Que nada podia o governo imperial ceder; que seria manchar o manto imperial e que ao Barão de Caxias haviam autorizado para, por mais três meses, conceder a anistia e que não sabiam como grupos dispersos de rebeldes inda pretendessem do governo tanto quanto era a indiferença com que olhavam sua clemência e que, finalmente, dariam algumas instruções mais ao barão, que em muito pouco mais assentisse, depois porém que os rebeldes depusessem as armas...".
(o grifo é nosso)

Mais adiante, Antonio disse: "Do estrangeiro aprenderam só o mau, esquecendo o bom. O luxo que ostentam os empregados públicos não pode manter-se com seus ordenados, inda que duplicados fossem".

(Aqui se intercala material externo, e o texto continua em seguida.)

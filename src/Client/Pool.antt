-- ===== src/Client/Pool.antt =====
-- pkg/client/pool.go: the pool of idle connections to the server, with all who use it at once: the
-- goroutine that fills it, calls of Get, and Close. A connection is a number, given when it is dialled.
-- A step is what one of them does between two points at which others may run.
pub mod Places
pub mod Ownership
pub mod Closing
pub mod Tests
use warp_stream.Base.{
  ℕ, suc, ◌<◌, ◌≡◌, Bool, true, false, List, [], ◌∷◌, ◌++◌, length, ltb, if◌then◌else◌,
}

-- The goroutine `maintain`: it waits or looks how full the pool is; it dials; it has a connection for
-- the pool; it has returned.
pub data Maintainer : Type 0 where
  looking dialing stopped : Maintainer
  holding : ℕ → Maintainer

-- Close: not called; waiting for `maintain`; emptying the channel; returned.
pub data Closer : Type 0 where
  not_called waiting draining returned : Closer

-- `conns` is the channel. The last three lists say where the other connections are: in a call of Get
-- that has not tested `closed` yet, returned by Get, closed. `callers` counts the calls of Get that have
-- passed the first test and not yet looked at the channel.
pub record Pool : Type 0 where
  pub min_idle : ℕ
  pub conns : List ℕ
  pub cancelled : Bool
  pub closed : Bool
  pub maintainer : Maintainer
  pub closer : Closer
  pub callers : ℕ
  pub next : ℕ
  pub in_get : List ℕ
  pub given : List ℕ
  pub shut : List ℕ

-- NewConnectionPool.
unfoldable pub new_connection_pool : ℕ → Pool
new_connection_pool min_idle = record {
  min_idle = min_idle;
  conns = [];
  cancelled = false;
  closed = false;
  maintainer = if ltb 0 min_idle then looking else stopped;
  closer = not_called;
  callers = 0;
  next = 0;
  in_get = [];
  given = [];
  shut = [];
}

-- `maintain`. When the context is cancelled and the channel has room, either case of its last select may
-- be taken; the default is taken when neither is ready.
pub data Maintain (p : Pool) : Pool → Type 0 where
  starts_dial :
      p.maintainer ≡ looking
      → length p.conns < p.min_idle
      → p.cancelled ≡ false
      → Maintain p (record p { maintainer = dialing })
  dial_failed : p.maintainer ≡ dialing → Maintain p (record p { maintainer = looking })
  dialed :
      p.maintainer ≡ dialing
      → Maintain p (record p { maintainer = holding p.next; next = suc p.next })
  added :
      (c : ℕ)
      → p.maintainer ≡ holding c
      → length p.conns < p.min_idle
      → Maintain p (record p { maintainer = looking; conns = p.conns ++ c ∷ [] })
  found_full :
      (c : ℕ)
      → p.maintainer ≡ holding c
      → length p.conns ≡ p.min_idle
      → p.cancelled ≡ false
      → Maintain p (record p { maintainer = looking; shut = c ∷ p.shut })
  found_cancelled :
      (c : ℕ)
      → p.maintainer ≡ holding c
      → p.cancelled ≡ true
      → Maintain p (record p { maintainer = stopped; shut = c ∷ p.shut })
  stops :
      p.maintainer ≡ looking → p.cancelled ≡ true → Maintain p (record p { maintainer = stopped })

-- Get. A call that fails to dial returns and leaves nothing behind. One that dials found the channel empty
-- before; it may be filled again by the time the connection is there.
pub data Get (p : Pool) : Pool → Type 0 where
  enters : p.closed ≡ false → Get p (record p { callers = suc p.callers })
  takes :
      (n c : ℕ) (cs : List ℕ)
      → p.callers ≡ suc n
      → p.conns ≡ c ∷ cs
      → Get p (record p { callers = n; conns = cs; in_get = c ∷ p.in_get })
  dials :
      (n : ℕ)
      → p.callers ≡ suc n
      → Get p (record p { callers = n; next = suc p.next; in_get = p.next ∷ p.in_get })
  gives_up : (n : ℕ) → p.callers ≡ suc n → Get p (record p { callers = n })
  gives :
      (before after : List ℕ) (c : ℕ)
      → p.in_get ≡ before ++ (c ∷ after)
      → p.closed ≡ false
      → Get p (record p { in_get = before ++ after; given = c ∷ p.given })
  refuses :
      (before after : List ℕ) (c : ℕ)
      → p.in_get ≡ before ++ (c ∷ after)
      → p.closed ≡ true
      → Get p (record p { in_get = before ++ after; shut = c ∷ p.shut })

-- Close.
pub data Close (p : Pool) : Pool → Type 0 where
  begins :
      p.closer ≡ not_called
      → Close p (record p { closed = true; cancelled = true; closer = waiting })
  waited : p.closer ≡ waiting → p.maintainer ≡ stopped → Close p (record p { closer = draining })
  drains :
      (c : ℕ) (cs : List ℕ)
      → p.closer ≡ draining
      → p.conns ≡ c ∷ cs
      → Close p (record p { conns = cs; shut = c ∷ p.shut })
  returns : p.closer ≡ draining → p.conns ≡ [] → Close p (record p { closer = returned })

pub data Step (p q : Pool) : Type 0 where
  maintain : Maintain p q → Step p q
  get : Get p q → Step p q
  close : Close p q → Step p q

pub data Reach (p : Pool) : Pool → Type 0 where
  here : Reach p p
  next_step : {q r : Pool} → Reach p q → Step q r → Reach p r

Em 18 de Dezembro, Vicente da Fontoura registrou:
"Queria o Cavalcante, ministro da Marinha, que eu ficasse aqui preso e isto só porque o bati calorosamente na conferência que tivemos ontem à noite, com todos os ministros. Com tais gentes, feita está a reação do absolutismo. Oh Liberdade! Quantos algozes!
Amanhã devemos embarcar no vapor Paranapitanga, de força de 60 cavalos, visto que o Gambá embirrou em não querer que voltemos no vapor em que viemos que é de força de 120 cavalos, de muito melhores cômodos e de mais segurança para atravessar o Oceano, pois no Paranapitanga, com qualquer vento teremos de arribar, tornando mais longa a viagem que se quer fazer com rapidez".

"Rio de Janeiro, 19 de Dezembro de 1844. Depois de termos hoje pelas 4 da tarde embarcado, voltamos à cidade porque o comandante, em razão do vento contrário, só amanhã é que pretende sair. Voltaremos para bordo antes de amanhecer".

21 de Dezembro de 1844.
"A bordo do vapor Paranapitanga , em frente à Vila Bela da Imperatriz, em S. Sebastião. São 4 horas da tarde e acabamos de fundear e, como o vento está forte, temos que esperar que abrande porque o comandante, além de sua família, traz mais de passagem outra que, além dos maus cômodos do barco, veio mais para flagelar-nos com uma récua de filhos malcriados, uma mãe desmazeladíssima.
Há pouco veio um velho com a sua canoinha vender-nos uvas, são boas e grandes, e já quando passamos comi pêssegos em Santa Catarina".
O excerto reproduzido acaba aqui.